* [How to complete this task]
Find the line in the entries below that contains "-- ===== src/Recovery/CredentialTests.antt". Repeat it exactly, and every line after it through the line that contains "contains-revocations_example = contains-revocations".

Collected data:
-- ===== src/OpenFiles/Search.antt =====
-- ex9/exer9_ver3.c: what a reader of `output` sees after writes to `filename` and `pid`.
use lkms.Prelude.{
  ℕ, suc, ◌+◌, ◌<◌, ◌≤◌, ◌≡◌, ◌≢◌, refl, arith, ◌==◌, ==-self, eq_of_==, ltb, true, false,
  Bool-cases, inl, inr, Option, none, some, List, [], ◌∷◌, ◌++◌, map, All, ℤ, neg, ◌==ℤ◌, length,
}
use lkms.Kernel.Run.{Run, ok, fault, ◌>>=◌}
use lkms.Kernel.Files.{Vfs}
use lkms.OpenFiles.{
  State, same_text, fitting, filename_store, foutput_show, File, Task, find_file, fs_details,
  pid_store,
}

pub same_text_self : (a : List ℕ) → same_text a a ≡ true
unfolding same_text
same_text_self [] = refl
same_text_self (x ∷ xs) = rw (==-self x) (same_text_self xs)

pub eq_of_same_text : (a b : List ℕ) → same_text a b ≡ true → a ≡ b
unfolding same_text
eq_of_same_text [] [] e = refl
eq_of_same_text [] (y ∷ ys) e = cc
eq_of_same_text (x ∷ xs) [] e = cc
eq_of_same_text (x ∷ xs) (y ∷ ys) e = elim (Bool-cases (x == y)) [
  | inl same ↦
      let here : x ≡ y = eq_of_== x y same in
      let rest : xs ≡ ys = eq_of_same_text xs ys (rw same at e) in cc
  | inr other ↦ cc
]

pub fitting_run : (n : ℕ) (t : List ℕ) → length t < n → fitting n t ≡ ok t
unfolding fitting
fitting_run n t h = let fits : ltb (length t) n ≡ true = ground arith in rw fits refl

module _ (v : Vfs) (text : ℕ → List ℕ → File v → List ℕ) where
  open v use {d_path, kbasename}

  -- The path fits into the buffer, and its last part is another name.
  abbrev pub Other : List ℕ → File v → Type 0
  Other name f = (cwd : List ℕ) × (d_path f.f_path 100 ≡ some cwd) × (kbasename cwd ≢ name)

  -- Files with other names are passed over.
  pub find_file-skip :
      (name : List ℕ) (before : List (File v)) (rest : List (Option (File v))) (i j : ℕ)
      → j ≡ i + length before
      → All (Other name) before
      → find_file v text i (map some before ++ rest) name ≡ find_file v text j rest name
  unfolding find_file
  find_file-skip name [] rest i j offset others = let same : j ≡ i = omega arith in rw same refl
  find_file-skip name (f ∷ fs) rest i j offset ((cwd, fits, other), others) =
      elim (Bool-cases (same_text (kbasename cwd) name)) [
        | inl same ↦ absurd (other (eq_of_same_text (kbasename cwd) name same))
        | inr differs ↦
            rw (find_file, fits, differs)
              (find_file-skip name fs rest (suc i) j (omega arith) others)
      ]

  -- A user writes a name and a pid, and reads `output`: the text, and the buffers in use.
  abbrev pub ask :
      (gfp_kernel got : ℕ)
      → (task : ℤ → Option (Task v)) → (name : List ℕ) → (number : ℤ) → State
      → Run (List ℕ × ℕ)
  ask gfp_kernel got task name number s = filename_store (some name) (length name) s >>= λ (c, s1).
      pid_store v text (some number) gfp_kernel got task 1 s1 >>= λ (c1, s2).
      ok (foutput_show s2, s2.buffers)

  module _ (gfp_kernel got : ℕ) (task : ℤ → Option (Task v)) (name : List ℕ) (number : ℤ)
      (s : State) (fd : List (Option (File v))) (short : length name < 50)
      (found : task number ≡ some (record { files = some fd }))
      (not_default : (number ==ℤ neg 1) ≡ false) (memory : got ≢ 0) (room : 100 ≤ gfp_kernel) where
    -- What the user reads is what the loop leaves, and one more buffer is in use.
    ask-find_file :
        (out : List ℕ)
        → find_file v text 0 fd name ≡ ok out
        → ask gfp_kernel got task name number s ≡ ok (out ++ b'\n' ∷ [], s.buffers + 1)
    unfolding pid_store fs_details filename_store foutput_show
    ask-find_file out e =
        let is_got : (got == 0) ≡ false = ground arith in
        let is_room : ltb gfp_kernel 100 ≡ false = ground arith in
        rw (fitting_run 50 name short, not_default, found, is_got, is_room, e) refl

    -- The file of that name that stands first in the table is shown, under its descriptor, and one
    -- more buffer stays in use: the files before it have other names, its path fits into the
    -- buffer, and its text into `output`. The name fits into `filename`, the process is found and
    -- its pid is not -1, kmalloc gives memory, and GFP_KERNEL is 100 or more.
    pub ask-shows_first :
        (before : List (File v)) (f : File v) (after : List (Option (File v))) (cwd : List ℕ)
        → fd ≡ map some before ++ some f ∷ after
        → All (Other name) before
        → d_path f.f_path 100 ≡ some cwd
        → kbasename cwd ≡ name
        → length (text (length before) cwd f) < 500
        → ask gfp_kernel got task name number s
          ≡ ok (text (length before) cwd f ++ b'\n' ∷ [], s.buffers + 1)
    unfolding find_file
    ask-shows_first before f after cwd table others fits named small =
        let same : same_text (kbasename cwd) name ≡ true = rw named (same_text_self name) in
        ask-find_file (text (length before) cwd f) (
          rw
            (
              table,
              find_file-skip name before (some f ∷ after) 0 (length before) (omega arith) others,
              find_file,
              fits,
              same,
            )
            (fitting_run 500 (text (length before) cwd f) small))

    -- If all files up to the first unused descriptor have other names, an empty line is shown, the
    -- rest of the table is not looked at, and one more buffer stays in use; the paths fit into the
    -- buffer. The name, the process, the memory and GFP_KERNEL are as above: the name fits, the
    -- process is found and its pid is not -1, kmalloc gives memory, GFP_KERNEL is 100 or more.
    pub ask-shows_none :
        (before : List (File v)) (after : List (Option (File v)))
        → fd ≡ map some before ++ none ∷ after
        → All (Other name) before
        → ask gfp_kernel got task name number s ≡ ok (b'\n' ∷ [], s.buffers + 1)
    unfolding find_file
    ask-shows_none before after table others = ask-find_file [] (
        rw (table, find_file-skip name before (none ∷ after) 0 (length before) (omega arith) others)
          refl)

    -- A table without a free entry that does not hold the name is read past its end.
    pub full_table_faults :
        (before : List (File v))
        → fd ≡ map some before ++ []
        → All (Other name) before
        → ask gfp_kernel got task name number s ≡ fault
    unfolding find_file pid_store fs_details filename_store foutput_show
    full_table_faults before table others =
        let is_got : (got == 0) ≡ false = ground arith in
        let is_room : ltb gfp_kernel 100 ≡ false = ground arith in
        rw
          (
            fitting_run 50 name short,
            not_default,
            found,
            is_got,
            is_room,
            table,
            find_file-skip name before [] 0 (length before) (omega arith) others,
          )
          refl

---

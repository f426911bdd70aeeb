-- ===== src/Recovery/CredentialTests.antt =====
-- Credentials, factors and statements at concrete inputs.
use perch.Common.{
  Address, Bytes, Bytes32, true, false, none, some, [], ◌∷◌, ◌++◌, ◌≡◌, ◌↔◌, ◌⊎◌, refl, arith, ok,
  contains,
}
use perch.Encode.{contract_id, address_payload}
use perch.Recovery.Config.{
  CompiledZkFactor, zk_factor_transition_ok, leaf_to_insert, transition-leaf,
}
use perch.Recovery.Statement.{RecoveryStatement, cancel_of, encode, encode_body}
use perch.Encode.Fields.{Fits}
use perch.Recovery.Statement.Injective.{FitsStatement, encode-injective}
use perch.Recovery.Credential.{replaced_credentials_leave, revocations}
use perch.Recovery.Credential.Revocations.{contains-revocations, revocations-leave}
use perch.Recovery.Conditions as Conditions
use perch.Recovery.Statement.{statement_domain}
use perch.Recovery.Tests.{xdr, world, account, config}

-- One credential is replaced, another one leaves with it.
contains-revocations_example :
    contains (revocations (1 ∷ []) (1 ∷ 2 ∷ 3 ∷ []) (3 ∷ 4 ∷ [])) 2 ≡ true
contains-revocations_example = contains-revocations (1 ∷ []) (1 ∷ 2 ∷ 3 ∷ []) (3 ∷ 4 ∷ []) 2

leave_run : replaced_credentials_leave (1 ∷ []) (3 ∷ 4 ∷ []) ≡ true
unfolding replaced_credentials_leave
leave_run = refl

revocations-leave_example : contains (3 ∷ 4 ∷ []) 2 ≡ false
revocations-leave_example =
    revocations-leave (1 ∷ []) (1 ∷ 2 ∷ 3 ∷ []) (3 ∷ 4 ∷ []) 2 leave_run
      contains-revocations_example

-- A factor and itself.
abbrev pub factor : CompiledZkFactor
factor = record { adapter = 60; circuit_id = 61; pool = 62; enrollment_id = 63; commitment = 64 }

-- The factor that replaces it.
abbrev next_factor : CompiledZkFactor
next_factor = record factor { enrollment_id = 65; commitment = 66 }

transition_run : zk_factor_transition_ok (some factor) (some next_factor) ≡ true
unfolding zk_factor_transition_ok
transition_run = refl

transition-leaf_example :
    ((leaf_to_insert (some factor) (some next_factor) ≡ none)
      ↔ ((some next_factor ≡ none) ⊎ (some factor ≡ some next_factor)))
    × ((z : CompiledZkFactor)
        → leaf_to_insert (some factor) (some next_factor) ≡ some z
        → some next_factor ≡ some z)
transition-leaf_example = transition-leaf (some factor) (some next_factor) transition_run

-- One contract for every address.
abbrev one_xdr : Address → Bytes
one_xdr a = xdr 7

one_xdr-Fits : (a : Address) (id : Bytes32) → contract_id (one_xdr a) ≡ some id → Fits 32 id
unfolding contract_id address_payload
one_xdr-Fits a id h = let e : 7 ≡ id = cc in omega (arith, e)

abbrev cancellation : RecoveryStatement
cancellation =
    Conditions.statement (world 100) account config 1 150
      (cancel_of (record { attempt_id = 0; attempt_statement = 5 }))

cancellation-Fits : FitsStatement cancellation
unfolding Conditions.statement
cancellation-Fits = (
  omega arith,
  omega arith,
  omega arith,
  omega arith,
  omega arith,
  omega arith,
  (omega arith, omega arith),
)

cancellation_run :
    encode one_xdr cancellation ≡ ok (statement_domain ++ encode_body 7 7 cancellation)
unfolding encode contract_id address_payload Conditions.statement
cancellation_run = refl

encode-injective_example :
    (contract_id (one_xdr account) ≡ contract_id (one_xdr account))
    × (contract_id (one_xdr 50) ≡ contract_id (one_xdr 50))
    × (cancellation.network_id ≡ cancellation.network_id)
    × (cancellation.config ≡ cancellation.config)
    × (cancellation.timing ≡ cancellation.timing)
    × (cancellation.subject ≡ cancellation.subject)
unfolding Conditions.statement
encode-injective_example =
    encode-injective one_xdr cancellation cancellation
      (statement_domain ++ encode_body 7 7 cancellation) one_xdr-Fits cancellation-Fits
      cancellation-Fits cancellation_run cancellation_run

* * *

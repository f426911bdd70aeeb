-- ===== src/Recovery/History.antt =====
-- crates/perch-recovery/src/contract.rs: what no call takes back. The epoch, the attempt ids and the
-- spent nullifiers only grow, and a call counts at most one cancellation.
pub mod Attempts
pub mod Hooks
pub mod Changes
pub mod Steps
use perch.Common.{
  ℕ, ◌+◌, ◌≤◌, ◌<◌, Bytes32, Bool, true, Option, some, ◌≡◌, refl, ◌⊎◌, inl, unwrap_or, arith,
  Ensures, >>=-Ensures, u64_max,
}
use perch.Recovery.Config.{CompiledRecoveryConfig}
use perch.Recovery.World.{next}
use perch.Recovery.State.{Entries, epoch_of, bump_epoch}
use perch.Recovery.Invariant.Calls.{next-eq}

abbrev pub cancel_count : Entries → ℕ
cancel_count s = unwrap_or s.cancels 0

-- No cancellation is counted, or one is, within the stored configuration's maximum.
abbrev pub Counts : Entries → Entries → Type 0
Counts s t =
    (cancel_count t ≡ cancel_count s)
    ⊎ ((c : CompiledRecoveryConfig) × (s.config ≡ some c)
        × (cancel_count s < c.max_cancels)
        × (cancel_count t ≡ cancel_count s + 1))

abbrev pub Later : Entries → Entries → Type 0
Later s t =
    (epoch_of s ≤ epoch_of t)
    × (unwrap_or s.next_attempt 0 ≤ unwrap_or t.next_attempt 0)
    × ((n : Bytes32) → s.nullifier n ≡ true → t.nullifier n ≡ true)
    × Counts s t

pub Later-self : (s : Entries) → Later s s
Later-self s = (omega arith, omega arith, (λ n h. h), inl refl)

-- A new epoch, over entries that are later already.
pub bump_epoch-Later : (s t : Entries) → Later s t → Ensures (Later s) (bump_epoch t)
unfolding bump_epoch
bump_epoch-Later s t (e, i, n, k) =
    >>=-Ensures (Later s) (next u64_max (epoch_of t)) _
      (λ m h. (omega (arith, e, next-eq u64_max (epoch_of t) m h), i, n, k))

* [Output for this task]
-- ===== src/Recovery/CredentialTests.antt =====
-- Credentials, factors and statements at concrete inputs.
use perch.Common.{
  Address, Bytes, Bytes32, true, false, none, some, [], ◌∷◌, ◌++◌, ◌≡◌, ◌↔◌, ◌⊎◌, refl, arith, ok,
  contains,
}
use perch.Encode.{contract_id, address_payload}
use perch.Recovery.Config.{
  CompiledZkFactor, zk_factor_transition_ok, leaf_to_insert, transition-leaf,
}
use perch.Recovery.Statement.{RecoveryStatement, cancel_of, encode, encode_body}
use perch.Encode.Fields.{Fits}
use perch.Recovery.Statement.Injective.{FitsStatement, encode-injective}
use perch.Recovery.Credential.{replaced_credentials_leave, revocations}
use perch.Recovery.Credential.Revocations.{contains-revocations, revocations-leave}
use perch.Recovery.Conditions as Conditions
use perch.Recovery.Statement.{statement_domain}
use perch.Recovery.Tests.{xdr, world, account, config}

-- One credential is replaced, another one leaves with it.
contains-revocations_example :
    contains (revocations (1 ∷ []) (1 ∷ 2 ∷ 3 ∷ []) (3 ∷ 4 ∷ [])) 2 ≡ true
contains-revocations_example = contains-revocations (1 ∷ []) (1 ∷ 2 ∷ 3 ∷ []) (3 ∷ 4 ∷ []) 2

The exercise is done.